I purchased a kit from Curlys Sausage Kitchen, A guy from Fargo, on a fishing website, turned me on to it. I brought some in for my Boss and he has already put in an order for a batch for after next deer season.


----------



## hhersh (May 25, 2007)

A big ole Texas welcome to ya !!
	

	
	
		
		



		
			






  Glad ta have ya. How about some pix of that super smoker ?


----------



## squeezy (May 25, 2007)

Welcome to SMF ... hope you enjoy sharing with us as we will with you ...


----------



## hillbillysmoker (May 25, 2007)

Welcome to the forum.  Make yourself at home and feel free to share or to take advantage of the useful knowledge here.


----------



## cheech (May 26, 2007)

Welcome aboard and yes please do post pictures


----------



## meowey (May 26, 2007)

Welcome to SMF!  Glad you found us!

Take care, have fun, and do good!

Regards,

Meowey


----------



## triple b (May 26, 2007)

Welcome aboard "shortrib" to SMF
Pictures are good!


----------



## deejaydebi (May 26, 2007)

Welcome Shortrib -

That fridge should make a great smoker! I've been watching for those older SS fridges myself. Good luck!


----------



## bbq bubba (May 26, 2007)

Welcome to the SMF, keep us updated on that fridge


----------



## hawgheaven (May 26, 2007)

Welcome aboard shortrib! You are gonna fit in here really well!


----------



## ultramag (May 26, 2007)

Welcome to SMF shortrib!!! Nothing beats processing your own deer. If nothing else, you always seem to get more meat.


----------



## t-bone tim (May 26, 2007)

Welcome aboard SMF, Shortrib...all the info you could ever want can be attained through this site,great place and peeps


----------



## shortrib (May 30, 2007)

Well the commercial fridge fell thru, I made the 150 mile trip up north to pick up and pay for the fridge, and the guys was in the cities, when I called him to confirm direction he said he forgot about me, which seems unlikely since I had phone conversation or e-mail connversations with him and his wife for 5 days straight..... He now refuses to answer my calls  and won't answer my e-mails, so I am assuming he has sold this and just doesn't have the consideration to tell me !!!!!  

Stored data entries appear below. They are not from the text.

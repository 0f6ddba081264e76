-- ===== src/Subscription/Inputs.antt =====
-- internal/subscription/index.go: the reading of the input directory. A directory is what
-- `os.ReadDir` returns of it, in the order of the names, each name once; an entry has what `Info` and
-- `os.ReadFile` return of it. `B` is the type of byte strings. The strict decoding of bytes in a format
-- (packages yaml and encoding/json) is a parameter; none where it fails.
use sbox_manager.Common.{
  Bool, List, Option, Outcome, String, [], contains, failure, has, has_prefix, if◌then◌else◌,
  is_empty, map, none, not, some, sort_stable, success, text_lt, traverse, ℤ, ◌==◌, ◌>>=◌, ◌||◌,
  ◌∷◌,
}
use sbox_manager.Domain.Manifests.{validate_input_filename}
use sbox_manager.Domain.Merge.{validate_subscription_input}
use sbox_manager.Domain.Models.{SubscriptionInput}
use sbox_manager.Domain.Platform.{Platform}
use sbox_manager.Std.Cut.{to_lower}
use sbox_manager.Std.FilePaths.{ext}
use sbox_manager.Subscription.Index.{Index, build_index_from_inputs}

pub record Entry (B : Type 0) : Type 0 where
  pub name : String
  pub is_dir : Bool
  -- Whether the file is regular; none where `Info` fails.
  pub is_regular : Option Bool
  pub bytes : Option B

pub record Directory (B : Type 0) : Type 0 where
  -- None where the directory cannot be read.
  pub entries : Option (List (Entry B))

-- `InputFile`; its bytes, which only bundles use, are left out.
pub record InputFile : Type 0 where
  pub name : String
  pub input : SubscriptionInput

-- `IsInputFileName`.
unfoldable pub is_input_file_name : String → Bool
is_input_file_name name = has (".yaml" ∷ ".yml" ∷ ".json" ∷ []) (to_lower (ext name))

-- `strings.HasSuffix`.
unfoldable pub has_suffix : String → String → Bool
has_suffix String.[] suffix = suffix == ""
has_suffix (String.◌∷◌ c s) suffix = String.◌∷◌ c s == suffix || has_suffix s suffix

-- `ShouldIgnoreInputName`.
unfoldable pub should_ignore_input_name : String → Bool
should_ignore_input_name name =
    let lower = to_lower name in
    name == ""
    || has_prefix name "."
    || has_suffix name "~"
    || contains lower ".tmp"
    || contains lower ".swp"
    || contains lower ".draft"

-- `formatForInputName`.
unfoldable pub format_for_input_name : String → Outcome String
format_for_input_name name =
    let extension = to_lower (ext name) in
    if extension == ".yaml"
    then success "yaml"
    else if extension == ".yml"
    then success "yml"
    else if extension == ".json"
    then success "json"
    else failure "unsupported subscription input extension"

-- The entries that a loop over a directory looks at: no directories, and no other names.
abbrev pub skipped : {B : Type 0} → Entry B → Bool
skipped e = e.is_dir || should_ignore_input_name e.name || not (is_input_file_name e.name)

module _ {B : Type 0} where
  -- The first loop of `LoadInputsFromDir`: the regular input files.
  unfoldable pub input_entries : List (Entry B) → Outcome (List (Entry B))
  input_entries [] = success []
  input_entries (e ∷ es) =
      let rest = input_entries es in
      if skipped e
      then rest
      else if not (is_empty (validate_input_filename "filename" e.name))
      then failure "subscription input filename %s: %w"
      else elim e.is_regular [
        | none ↦ failure "read subscription input file info %s: %w"
        | some regular ↦ if not regular then rest else (rest >>= λ later. success (e ∷ later))
      ]

  abbrev pub entry_before : Entry B → Entry B → Bool
  entry_before a b = text_lt a.name b.name

  module _ (decode_strict : String → B → Option SubscriptionInput) (platform : Platform) where
    -- `DecodeInput`.
    unfoldable pub decode_input : String → B → Outcome SubscriptionInput
    decode_input name b = format_for_input_name name >>= λ format. elim (decode_strict format b) [
      | none ↦ failure "SubscriptionInput: %w"
      | some input ↦
          if is_empty (validate_subscription_input platform input)
          then success input
          else failure "validation failed"
    ]

    -- One round of the second loop of `LoadInputsFromDir`.
    unfoldable pub read_input : Entry B → Outcome InputFile
    read_input e = elim e.bytes [
      | none ↦ failure "read subscription input %s: %w"
      | some b ↦ elim (decode_input e.name b) [
        | failure m ↦ failure "subscription input %s: %w"
        | success input ↦ success (record { name = e.name; input = input })
      ]
    ]

    -- `LoadInputsFromDir`.
    unfoldable pub load_inputs_from_dir : Directory B → Outcome (List InputFile)
    load_inputs_from_dir dir = elim dir.entries [
      | none ↦ failure "read subscription input directory %s: %w"
      | some es ↦ input_entries es >>= λ found. traverse read_input (sort_stable entry_before found)
    ]

    -- `LoadIndexFromDir` with `BuildIndex`, at a time.
    unfoldable pub load_index_from_dir : ℤ → Directory B → Outcome Index
    load_index_from_dir now dir = load_inputs_from_dir dir >>= λ files.
        build_index_from_inputs platform now (map (λ (f : InputFile). f.input) files)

So my search is on for the commercial fridge again.


----------



## mossymo (May 30, 2007)

shortrib just told me about this site so I immediately registered; thanks for the heads up shortrib. This looks like a great site, a place I may even call home !!! 

I have to admit, I am the guy that shortrib got the venison bacon idea from. Guys, this is some good stuff; quite honestly I think it tastes better than bacon. I have handed out many sample packages to friends and relatives, big mistake on my part; now everyone who has tried it wants more.....

shortrib
If you ever plan on being in my neck of the woods, let me know. The place where I got my stainless fridge from often discards them if they are too expensive to repair. So when they have one available, you will also be helping them.


----------



## shellbellc (May 30, 2007)

Hey MossyMo, Welcome aboard!!!  What part of the deer did you cure and smoke.  Did you do it basically like buck board bacon???


----------



## mossymo (May 30, 2007)

Shellbellc
It is ground venison and pork mixed with the venison bacon seasonings. The seasoning mix is very sticky and holds the ground mixture together very firmly. You let it set up in a pan over night in a fridge, then smoke it and then slice it like regular bacon slices.


----------



## shortrib (May 30, 2007)

Hey MossyMo

Welcome.


----------



## deejaydebi (May 30, 2007)

To bad Shortrib. Well there's always another carcass somewhere just waiting to become your next smoker. I had that happen to me by an  eBay guy. Took my money but was going on vacation so I waited  few weeks and he grave me an address I drove to all the way Long Island NY and no such person or address. This was for a 1950's coke ice box.


----------



## deejaydebi (May 30, 2007)

Welcome MossyMO -


I think most found it by accident lucky to know someone to send you  here. I haven't even seen the guy that sent me here. Drummers we can be fickle! That recipe sounds interesting can you give us more details? What seasoning or mix? Is it homemade or prepackaged?


----------



## shortrib (May 31, 2007)

I think I found another unit to convert into a smoker, it is stainless on the outside and aluminum on the inside, is aluminum a good material for use in a smoker?


----------



## squeezy (May 31, 2007)

Can't see why not ... I'd try not to get it too hot though (aluminum has a lower melting temp) but, for smoking should be great!


----------



## mossymo (May 31, 2007)

Aluminum will work just fine. Melting temperature of aluminum is 1190-1215 degrees Fahrenheit. If your smoker reaches that temperature your fatties are done !!!


----------



## shortrib (May 31, 2007)

Thanks Mossy, 
I just called the guy and scheduled a pickup this weekend, 200 bucks less than the one I told you about before.and I don't have to drive 300 miles  This is an old Norlake Freezer 6- 61/2 Tall 4 to 5 ' wide and about 3 feet deep . only one door on this model, but that is ok, I'll make it work.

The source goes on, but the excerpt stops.